## Task brief
The response must contain every line from the records below that has "subst".

-- -- --

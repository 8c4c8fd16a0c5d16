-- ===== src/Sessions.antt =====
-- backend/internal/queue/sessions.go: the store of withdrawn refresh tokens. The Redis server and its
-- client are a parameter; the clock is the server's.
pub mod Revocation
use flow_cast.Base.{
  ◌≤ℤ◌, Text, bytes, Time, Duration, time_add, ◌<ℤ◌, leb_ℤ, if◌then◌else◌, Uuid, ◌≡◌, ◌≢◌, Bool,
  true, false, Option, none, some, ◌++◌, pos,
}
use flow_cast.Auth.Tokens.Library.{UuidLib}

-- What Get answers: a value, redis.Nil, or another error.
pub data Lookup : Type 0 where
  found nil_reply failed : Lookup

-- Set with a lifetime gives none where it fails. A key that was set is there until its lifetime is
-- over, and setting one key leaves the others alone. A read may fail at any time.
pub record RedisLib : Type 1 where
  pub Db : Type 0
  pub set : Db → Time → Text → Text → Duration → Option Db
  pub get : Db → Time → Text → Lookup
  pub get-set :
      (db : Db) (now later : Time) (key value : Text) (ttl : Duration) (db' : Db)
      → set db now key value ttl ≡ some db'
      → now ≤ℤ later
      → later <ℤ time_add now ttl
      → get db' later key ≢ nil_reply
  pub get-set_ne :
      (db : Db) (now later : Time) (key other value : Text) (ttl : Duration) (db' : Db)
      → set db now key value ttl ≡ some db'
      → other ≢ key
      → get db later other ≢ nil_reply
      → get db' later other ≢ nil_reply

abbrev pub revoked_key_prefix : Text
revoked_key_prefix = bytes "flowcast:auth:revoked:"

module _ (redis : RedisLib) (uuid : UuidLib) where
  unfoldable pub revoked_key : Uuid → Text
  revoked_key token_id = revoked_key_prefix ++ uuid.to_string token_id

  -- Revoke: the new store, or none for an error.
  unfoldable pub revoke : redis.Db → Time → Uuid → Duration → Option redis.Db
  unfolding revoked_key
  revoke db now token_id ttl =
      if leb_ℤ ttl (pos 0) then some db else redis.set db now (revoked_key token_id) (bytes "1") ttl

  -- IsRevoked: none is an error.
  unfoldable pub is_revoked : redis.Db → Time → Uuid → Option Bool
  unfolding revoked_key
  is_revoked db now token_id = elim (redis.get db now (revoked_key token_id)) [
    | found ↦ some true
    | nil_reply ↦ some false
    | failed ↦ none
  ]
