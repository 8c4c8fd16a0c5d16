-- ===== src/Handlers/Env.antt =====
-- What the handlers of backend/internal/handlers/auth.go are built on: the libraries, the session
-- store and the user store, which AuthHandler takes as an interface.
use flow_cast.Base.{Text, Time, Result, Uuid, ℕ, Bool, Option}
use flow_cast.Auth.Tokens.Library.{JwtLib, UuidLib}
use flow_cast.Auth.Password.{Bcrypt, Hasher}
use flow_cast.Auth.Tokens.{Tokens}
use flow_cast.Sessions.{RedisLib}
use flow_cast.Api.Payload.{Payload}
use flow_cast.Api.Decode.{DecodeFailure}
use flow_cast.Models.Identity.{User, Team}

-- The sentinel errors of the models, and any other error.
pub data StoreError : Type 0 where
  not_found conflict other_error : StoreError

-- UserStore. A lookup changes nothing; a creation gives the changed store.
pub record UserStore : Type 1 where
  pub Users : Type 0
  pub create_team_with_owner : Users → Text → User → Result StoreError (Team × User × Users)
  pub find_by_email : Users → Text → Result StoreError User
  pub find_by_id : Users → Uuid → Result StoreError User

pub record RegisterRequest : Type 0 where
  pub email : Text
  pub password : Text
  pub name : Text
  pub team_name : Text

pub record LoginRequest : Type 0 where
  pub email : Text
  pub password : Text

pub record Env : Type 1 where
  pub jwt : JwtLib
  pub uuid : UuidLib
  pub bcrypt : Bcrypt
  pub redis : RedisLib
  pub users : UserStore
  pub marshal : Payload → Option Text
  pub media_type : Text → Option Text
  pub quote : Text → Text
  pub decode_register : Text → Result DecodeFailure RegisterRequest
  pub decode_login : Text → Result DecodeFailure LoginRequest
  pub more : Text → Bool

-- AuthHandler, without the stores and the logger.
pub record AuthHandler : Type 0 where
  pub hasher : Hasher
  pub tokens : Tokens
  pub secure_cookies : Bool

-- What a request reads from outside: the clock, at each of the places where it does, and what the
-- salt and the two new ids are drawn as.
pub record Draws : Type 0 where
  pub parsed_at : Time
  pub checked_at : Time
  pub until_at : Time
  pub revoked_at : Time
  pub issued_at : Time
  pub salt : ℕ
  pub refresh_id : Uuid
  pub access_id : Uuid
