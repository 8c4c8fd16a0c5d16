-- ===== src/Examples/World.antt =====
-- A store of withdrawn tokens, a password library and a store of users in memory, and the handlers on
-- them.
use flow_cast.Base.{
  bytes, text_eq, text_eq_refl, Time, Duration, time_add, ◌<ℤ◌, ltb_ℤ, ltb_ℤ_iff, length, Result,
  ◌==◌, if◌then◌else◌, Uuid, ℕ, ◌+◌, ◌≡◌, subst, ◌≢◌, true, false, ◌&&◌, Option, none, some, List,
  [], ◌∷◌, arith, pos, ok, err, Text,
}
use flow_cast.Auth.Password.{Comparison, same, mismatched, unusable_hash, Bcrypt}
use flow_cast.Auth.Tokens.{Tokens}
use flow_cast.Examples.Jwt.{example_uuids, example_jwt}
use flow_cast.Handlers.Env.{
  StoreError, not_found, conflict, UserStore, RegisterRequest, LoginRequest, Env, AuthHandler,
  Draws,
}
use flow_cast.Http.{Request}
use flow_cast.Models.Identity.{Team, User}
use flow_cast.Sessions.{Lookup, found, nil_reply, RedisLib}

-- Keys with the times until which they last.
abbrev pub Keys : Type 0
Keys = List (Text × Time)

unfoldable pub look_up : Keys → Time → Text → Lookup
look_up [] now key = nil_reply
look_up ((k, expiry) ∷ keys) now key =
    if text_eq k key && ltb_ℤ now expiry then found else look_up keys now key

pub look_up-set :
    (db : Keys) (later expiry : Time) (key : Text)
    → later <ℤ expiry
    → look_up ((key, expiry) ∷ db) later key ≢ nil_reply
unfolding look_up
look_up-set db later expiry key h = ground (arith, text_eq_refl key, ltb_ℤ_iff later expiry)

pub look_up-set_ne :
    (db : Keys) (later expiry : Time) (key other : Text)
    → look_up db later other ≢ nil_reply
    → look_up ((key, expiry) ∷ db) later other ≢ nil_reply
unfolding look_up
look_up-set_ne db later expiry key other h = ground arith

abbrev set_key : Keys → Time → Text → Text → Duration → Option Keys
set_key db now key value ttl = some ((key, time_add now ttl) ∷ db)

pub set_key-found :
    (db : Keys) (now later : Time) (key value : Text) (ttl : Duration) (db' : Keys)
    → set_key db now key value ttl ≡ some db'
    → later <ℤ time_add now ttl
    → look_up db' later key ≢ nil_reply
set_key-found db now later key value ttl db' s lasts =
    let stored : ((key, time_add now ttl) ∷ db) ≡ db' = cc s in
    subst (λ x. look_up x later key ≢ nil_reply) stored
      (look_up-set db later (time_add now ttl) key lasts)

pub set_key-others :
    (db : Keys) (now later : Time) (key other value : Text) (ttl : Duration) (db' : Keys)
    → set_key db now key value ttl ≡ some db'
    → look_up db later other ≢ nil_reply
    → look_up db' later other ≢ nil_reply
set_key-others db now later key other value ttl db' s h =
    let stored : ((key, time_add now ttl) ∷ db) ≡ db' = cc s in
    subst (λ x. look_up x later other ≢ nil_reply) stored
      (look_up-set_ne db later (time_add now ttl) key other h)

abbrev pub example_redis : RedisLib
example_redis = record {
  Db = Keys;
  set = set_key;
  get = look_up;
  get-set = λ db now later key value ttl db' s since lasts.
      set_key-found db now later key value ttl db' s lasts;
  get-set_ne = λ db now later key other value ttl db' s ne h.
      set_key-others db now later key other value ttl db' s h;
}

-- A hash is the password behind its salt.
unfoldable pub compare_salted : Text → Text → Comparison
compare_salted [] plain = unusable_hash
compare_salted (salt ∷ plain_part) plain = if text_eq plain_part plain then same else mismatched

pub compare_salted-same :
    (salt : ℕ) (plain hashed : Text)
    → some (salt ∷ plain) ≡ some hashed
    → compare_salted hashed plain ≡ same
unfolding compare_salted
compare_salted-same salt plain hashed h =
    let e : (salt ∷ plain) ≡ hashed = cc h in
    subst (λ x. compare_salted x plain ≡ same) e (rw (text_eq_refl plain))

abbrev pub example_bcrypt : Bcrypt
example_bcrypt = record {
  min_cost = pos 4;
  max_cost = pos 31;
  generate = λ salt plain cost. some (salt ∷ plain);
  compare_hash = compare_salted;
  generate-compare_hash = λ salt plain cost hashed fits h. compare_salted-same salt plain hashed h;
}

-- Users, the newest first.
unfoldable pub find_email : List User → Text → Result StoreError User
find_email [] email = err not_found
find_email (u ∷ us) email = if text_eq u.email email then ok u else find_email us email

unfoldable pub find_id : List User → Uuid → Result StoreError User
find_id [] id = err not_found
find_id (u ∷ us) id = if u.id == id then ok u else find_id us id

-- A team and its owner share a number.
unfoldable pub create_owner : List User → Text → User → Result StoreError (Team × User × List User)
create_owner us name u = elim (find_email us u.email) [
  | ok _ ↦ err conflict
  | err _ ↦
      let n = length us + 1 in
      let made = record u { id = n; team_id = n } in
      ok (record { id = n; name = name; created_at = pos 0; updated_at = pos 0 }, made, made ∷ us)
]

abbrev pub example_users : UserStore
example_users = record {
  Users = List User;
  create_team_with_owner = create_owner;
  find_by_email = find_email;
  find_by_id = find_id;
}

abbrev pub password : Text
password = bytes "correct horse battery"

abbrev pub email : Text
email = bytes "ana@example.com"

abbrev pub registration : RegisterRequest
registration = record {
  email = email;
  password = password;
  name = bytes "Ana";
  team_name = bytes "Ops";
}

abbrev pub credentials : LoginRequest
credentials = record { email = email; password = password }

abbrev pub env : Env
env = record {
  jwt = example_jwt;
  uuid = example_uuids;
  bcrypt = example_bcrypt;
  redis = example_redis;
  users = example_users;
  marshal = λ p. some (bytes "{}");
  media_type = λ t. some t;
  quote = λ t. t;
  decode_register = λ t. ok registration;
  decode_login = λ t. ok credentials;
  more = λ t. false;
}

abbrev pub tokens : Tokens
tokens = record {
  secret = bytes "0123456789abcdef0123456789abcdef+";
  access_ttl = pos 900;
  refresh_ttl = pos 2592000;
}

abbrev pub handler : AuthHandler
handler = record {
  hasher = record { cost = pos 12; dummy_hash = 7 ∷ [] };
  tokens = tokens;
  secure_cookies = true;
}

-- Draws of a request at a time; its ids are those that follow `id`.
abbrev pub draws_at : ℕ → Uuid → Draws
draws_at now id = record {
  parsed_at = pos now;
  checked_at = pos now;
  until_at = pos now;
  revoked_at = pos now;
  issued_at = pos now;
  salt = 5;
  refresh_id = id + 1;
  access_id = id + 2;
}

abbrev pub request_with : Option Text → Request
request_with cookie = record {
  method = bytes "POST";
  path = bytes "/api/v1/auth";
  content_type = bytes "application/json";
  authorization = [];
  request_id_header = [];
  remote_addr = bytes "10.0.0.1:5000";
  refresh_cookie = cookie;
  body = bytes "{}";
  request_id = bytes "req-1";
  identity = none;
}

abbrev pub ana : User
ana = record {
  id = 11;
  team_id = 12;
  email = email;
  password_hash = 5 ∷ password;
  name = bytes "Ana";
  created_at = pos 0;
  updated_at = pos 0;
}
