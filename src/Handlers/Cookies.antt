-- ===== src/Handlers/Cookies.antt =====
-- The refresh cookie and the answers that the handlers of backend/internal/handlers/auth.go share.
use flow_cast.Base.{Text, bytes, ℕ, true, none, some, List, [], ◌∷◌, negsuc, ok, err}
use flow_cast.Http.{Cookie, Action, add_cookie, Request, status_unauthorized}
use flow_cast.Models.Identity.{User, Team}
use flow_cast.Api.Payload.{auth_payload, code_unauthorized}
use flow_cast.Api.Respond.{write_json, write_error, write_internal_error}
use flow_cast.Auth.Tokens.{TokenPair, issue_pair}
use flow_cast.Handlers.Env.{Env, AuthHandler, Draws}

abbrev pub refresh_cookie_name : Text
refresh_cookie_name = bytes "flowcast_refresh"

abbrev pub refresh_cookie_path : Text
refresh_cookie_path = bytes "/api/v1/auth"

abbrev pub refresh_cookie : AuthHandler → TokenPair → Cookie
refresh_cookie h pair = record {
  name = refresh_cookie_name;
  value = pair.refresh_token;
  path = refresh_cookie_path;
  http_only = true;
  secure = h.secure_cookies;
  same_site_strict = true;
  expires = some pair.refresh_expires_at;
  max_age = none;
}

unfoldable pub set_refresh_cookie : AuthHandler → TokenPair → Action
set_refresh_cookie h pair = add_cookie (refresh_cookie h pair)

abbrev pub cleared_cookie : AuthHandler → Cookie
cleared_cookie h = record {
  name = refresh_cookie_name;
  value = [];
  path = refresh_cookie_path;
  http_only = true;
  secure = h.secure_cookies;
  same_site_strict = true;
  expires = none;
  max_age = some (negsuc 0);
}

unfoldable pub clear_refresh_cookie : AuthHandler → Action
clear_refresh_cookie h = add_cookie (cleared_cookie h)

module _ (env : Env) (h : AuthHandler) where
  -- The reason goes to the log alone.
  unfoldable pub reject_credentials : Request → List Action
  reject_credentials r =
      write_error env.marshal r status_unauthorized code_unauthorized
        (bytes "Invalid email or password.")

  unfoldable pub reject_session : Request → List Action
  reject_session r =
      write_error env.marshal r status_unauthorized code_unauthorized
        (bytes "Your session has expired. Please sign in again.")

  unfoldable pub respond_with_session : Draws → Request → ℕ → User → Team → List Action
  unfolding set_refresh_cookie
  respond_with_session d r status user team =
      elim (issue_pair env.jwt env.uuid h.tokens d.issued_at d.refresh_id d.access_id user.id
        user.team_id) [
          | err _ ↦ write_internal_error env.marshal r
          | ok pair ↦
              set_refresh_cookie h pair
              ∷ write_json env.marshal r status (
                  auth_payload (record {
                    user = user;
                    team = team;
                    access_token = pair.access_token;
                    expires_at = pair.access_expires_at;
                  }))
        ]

-- -- --

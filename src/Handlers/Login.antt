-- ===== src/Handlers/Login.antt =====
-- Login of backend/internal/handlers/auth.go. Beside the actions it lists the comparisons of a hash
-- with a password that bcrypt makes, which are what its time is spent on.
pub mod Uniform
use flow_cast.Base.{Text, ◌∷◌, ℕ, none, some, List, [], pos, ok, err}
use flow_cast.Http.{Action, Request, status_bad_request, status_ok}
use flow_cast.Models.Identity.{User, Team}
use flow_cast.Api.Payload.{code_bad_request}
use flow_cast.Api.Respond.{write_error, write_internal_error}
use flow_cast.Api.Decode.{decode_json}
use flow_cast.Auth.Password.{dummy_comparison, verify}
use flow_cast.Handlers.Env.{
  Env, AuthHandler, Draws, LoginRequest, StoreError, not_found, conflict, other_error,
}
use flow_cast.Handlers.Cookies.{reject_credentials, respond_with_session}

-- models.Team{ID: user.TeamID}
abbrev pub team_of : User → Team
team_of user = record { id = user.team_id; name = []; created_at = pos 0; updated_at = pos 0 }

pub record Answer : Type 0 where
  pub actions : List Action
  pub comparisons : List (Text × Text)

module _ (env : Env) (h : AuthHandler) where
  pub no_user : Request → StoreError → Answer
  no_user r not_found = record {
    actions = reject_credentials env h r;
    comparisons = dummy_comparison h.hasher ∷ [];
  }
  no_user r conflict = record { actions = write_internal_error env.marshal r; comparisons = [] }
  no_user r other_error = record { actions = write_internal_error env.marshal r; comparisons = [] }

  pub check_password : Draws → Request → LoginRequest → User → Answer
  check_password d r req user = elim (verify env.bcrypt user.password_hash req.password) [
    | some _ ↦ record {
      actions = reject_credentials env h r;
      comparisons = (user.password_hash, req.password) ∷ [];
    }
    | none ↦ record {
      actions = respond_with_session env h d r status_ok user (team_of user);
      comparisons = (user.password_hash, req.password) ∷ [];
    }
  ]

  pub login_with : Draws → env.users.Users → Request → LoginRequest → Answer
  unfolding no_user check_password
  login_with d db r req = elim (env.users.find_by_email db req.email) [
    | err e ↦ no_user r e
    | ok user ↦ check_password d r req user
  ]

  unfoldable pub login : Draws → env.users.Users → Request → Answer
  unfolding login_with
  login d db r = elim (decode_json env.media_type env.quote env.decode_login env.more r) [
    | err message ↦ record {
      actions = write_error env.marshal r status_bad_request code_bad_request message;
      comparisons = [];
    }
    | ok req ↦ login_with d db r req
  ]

-- -- --

## Task answer
  ◌==◌, if◌then◌else◌, Uuid, ℕ, ◌+◌, ◌≡◌, subst, ◌≢◌, true, false, ◌&&◌, Option, none, some, List,
    subst (λ x. look_up x later key ≢ nil_reply) stored
    subst (λ x. look_up x later other ≢ nil_reply) stored
    subst (λ x. compare_salted x plain ≡ same) e (rw (text_eq_refl plain))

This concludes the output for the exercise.